Sollte im ROOT von C: sein.


----------



## KalEl (13 Dezember 2006)

ändere deine einstellungen des explorers. extras\ordneroptionen. reiter ansicht.
dort den haken bei alle ordner und dateien anzeigen.


----------



## handyman (13 Dezember 2006)

....ist bei mir unter "c" nicht zu finden. Kann man andersweitig sehen wohin Siemens die Key´s installiert ????


----------



## vladi (13 Dezember 2006)

*Lizenzordner*

Hi,

guckst du hier..

Gruss: Vladi

P.S. Beschädigte Lizenzdateien in dem Ordner können auch manuell gelöscht werden, aber !!! dann
sind sie weg! -> Lizenz muss neu augespielt werden.


----------



## o.s.t. (13 Dezember 2006)

im Windows Explorer, Extras>Ordneroptionen

"Geschützte Systemdateien ausblenden" -> Häklein entfernen
UND
"Versteckte Dateien und Ordner" -> alle anzeigen

gruss, o.s.t.


----------



## handyman (13 Dezember 2006)

KalEl schrieb:


> ändere deine einstellungen des explorers. extras\ordneroptionen. reiter ansicht.
> dort den haken bei alle ordner und dateien anzeigen.



... habe ich gemacht, sehe den Ordner nicht. habe auch auf einem 2. PC geschaut. --> nicht zu finden !!!!!!!!


----------



## KalEl (13 Dezember 2006)

ach so.
und den haken bei 'geschützte systemdateien ausblenden' entfernen

edit: war ich zu langsam


----------



## handyman (13 Dezember 2006)

.... doch gefunden .... Häckchen bei Systemdateien vergessen !!!!


----------



## plc_tippser (13 Dezember 2006)

Es muss nicht zwangsläufig Laufwerk C sein. Was sagt denn der Lizenzmanager, wo sich die Dateien befinden?

Habt ihr evt. einen Netzwerklizens?


----------



## handyman (13 Dezember 2006)

....habe alles gefunden. Was so ein kleines Häckchen doch ausmacht!!!!

Vielen Dank an ALLE !!!!

Gruss Daniel


----------



## demmy86 (20 August 2007)

*License key ändern*

Weiß einer von euch mit was für nem Prog. man den entschlüsseln kann?
und wie man da drin was ändert?
rein theoretisch müsste es ja genügen den gültigkeitszeitraum zurück zu setzen oder??
THX


----------



## Tobi P. (20 August 2007)

Selbst wenn das jemand weiss - hier wird er es dir mit Sicherheit nicht sagen.
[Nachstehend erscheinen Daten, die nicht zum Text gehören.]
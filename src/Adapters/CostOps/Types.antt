-- ===== src/Adapters/CostOps/Types.antt =====
-- The types of src/adapters/costops.rs. `F` is the type of f64 and `Json` that of JSON
-- values; times are nanoseconds since the epoch.
use analytics_hub.Prelude.{ℕ, String, Option, List}
use analytics_hub.Prelude.Int.{ℤ}
use analytics_hub.Prelude.Dict.{Dict}

pub record CostOpsConfig : Type 0 where
  pub endpoint : String
  pub api_key : Option String
  pub timeout_secs : ℕ

pub record CostBreakdown (F : Type 0) : Type 0 where
  pub by_provider : Dict F
  pub by_model : Dict F
  pub by_operation : Dict F
  pub by_team : Dict F

pub data ConsumerType : Type 0 where
  user team application pipeline : ConsumerType

pub record CostConsumer (F : Type 0) : Type 0 where
  pub consumer_id : String
  pub consumer_type : ConsumerType
  pub name : String
  pub cost_usd : F
  pub percentage : F

pub record CostSummary (F : Type 0) : Type 0 where
  pub summary_id : String
  pub period_start : ℤ
  pub period_end : ℤ
  pub total_cost_usd : F
  pub breakdown : CostBreakdown F
  pub top_consumers : List (CostConsumer F)
  pub currency : String

pub data ProjectionPeriod : Type 0 where
  daily weekly monthly quarterly : ProjectionPeriod

pub record ConfidenceInterval (F : Type 0) : Type 0 where
  pub lower_bound : F
  pub upper_bound : F
  pub confidence_level : F

pub data CostTrend : Type 0 where
  increasing stable decreasing : CostTrend

pub record CostProjection (F : Type 0) : Type 0 where
  pub projection_id : String
  pub generated_at : ℤ
  pub projection_period : ProjectionPeriod
  pub projected_cost_usd : F
  pub confidence_interval : ConfidenceInterval F
  pub trend : CostTrend
  pub assumptions : List String

pub record BaselinePeriod : Type 0 where
  pub start : ℤ
  pub end : ℤ

pub record TokenMetrics : Type 0 where
  pub total_tokens : ℕ
  pub prompt_tokens : ℕ
  pub completion_tokens : ℕ
  pub cached_tokens : ℕ
  pub by_model : Dict ℕ

pub record CostPerToken (F : Type 0) : Type 0 where
  pub average_cost_per_1k_tokens : F
  pub prompt_cost_per_1k : F
  pub completion_cost_per_1k : F
  pub by_model : Dict F

pub record EfficiencyMetrics (F : Type 0) : Type 0 where
  pub cache_hit_rate : F
  pub tokens_per_request_avg : F
  pub cost_per_request_avg : F

pub record TokenAccountingBaseline (F : Type 0) : Type 0 where
  pub baseline_id : String
  pub created_at : ℤ
  pub period : BaselinePeriod
  pub token_metrics : TokenMetrics
  pub cost_per_token : CostPerToken F
  pub efficiency_metrics : EfficiencyMetrics F

pub data Granularity : Type 0 where
  hourly daily weekly monthly : Granularity

pub record CostSummaryQuery : Type 0 where
  pub start_time : Option ℤ
  pub end_time : Option ℤ
  pub providers : Option (List String)
  pub models : Option (List String)
  pub teams : Option (List String)
  pub granularity : Option Granularity

pub record BudgetStatus (F : Type 0) : Type 0 where
  pub budget_id : String
  pub team_id : Option String
  pub period_budget_usd : F
  pub spent_usd : F
  pub remaining_usd : F
  pub utilization_percentage : F
  pub projected_overage : Option F
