-- ===== src/Adapters/CostOps.antt =====
-- src/adapters/costops.rs: the answers of the adapter, placeholders in the source. `fresh` is
-- the text of a new UUID; `now` is the clock, read once for an answer.
pub mod Types
use analytics_hub.Prelude.{ℕ, String, Option, Bool, List, none, Outcome, []}
use analytics_hub.Prelude.Int.{ℤ}
use analytics_hub.Prelude.Float.{FloatOps}
use analytics_hub.Adapters.Gate.{when_connected, or_else}
use analytics_hub.Adapters.CostOps.Types.{
  CostOpsConfig, CostSummary, CostProjection, ProjectionPeriod, TokenAccountingBaseline,
  CostSummaryQuery, BudgetStatus,
}

-- `from_env`; `env` looks up a variable and `parse_u64` reads a number.
unfoldable pub from_env : (String → Option String) → (String → Option ℕ) → CostOpsConfig
from_env env parse_u64 = record {
  endpoint = or_else (env "COSTOPS_ENDPOINT") "http://localhost:8082";
  api_key = env "COSTOPS_API_KEY";
  timeout_secs = or_else (parse_u64 (or_else (env "COSTOPS_TIMEOUT_SECS") "30")) 30;
}

module _ (f : FloatOps) where
  unfoldable pub fetch_cost_summary :
      Bool → String → ℤ → CostSummaryQuery → Outcome (CostSummary f.F) String
  fetch_cost_summary connected fresh now query =
      when_connected connected "CostOps adapter not connected" (record {
        summary_id = fresh;
        period_start = (or_else query.start_time now);
        period_end = (or_else query.end_time now);
        total_cost_usd = (f.of_nat 0);
        breakdown = (record { by_provider = []; by_model = []; by_operation = []; by_team = [] });
        top_consumers = [];
        currency = "USD";
      })

  unfoldable pub fetch_projections :
      Bool → ProjectionPeriod → Outcome (List (CostProjection f.F)) String
  fetch_projections connected period = when_connected connected "CostOps adapter not connected" []

  unfoldable pub fetch_token_baseline :
      Bool → String → ℤ → ℤ → ℤ → Outcome (TokenAccountingBaseline f.F) String
  fetch_token_baseline connected fresh now start end =
      when_connected connected "CostOps adapter not connected" (record {
        baseline_id = fresh;
        created_at = now;
        period = (record { start = start; end = end });
        token_metrics = (record {
          total_tokens = 0;
          prompt_tokens = 0;
          completion_tokens = 0;
          cached_tokens = 0;
          by_model = [];
        });
        cost_per_token = (record {
          average_cost_per_1k_tokens = (f.of_nat 0);
          prompt_cost_per_1k = (f.of_nat 0);
          completion_cost_per_1k = (f.of_nat 0);
          by_model = [];
        });
        efficiency_metrics = (record {
          cache_hit_rate = (f.of_nat 0);
          tokens_per_request_avg = (f.of_nat 0);
          cost_per_request_avg = (f.of_nat 0);
        });
      })

  unfoldable pub fetch_budget_status :
      Bool → String → (Option String) → Outcome (BudgetStatus f.F) String
  fetch_budget_status connected fresh team_id =
      when_connected connected "CostOps adapter not connected" (record {
        budget_id = fresh;
        team_id = team_id;
        period_budget_usd = (f.of_nat 0);
        spent_usd = (f.of_nat 0);
        remaining_usd = (f.of_nat 0);
        utilization_percentage = (f.of_nat 0);
        projected_overage = none;
      })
Ich habe für meine Lizenzen viel Geld bezahlt, also warum solltest du sie für lau bekommen :twisted:


Gruß Tobi


----------



## maxi (21 August 2007)

demmy86 schrieb:


> Weiß einer von euch mit was für nem Prog. man den entschlüsseln kann?
> und wie man da drin was ändert?
> rein theoretisch müsste es ja genügen den gültigkeitszeitraum zurück zu setzen oder??
> THX


 
Es gibt genug Programme wo du alle Arten von Liecence Keys erzeugen oder ändern kannst. Auch mit Ultradeit kannst du Speicherbeiche verändern. Für Private die Step 7 lernen wollen ist das OK.

Ich kann dir aber sehr schwer von abraten in irgend einer Hinsicht beruflich mit falschen Lizenzen zu arbeiten. Certificate of Licence sidn hier sehr wichtig udn werden auch von den Kunden verlangt.
Also Programmierer darfst du nach meiner Erfahrung ca. alle 2 Jahre mit so 5000 Euro für Notebook + Lizenezen etc. einrechnen. Ist aber sicher auch verschiesen, dürfte aber bei den meisten hin kommen. Oft bekommt man aber nach eienr weile auch mal Updates zu Programmen umsonst oder dementsprechnd andere Teile günstiger.


----------



## demmy86 (21 August 2007)

Hi! also es is ja was anderes ob ich des beruflich mache oder privat!
für das bischen was ich zuhause rumspiele werde ich mir sicher keinen license key kaufen für hunderte von euro! ich finde so und so das die preise fern von jeder realität sind!
Aber ich sag ma selber schuld wenn man sich die software für teueres geld kauft und nicht erst mal versucht das problem anders zu lösen (für privat)! ;-)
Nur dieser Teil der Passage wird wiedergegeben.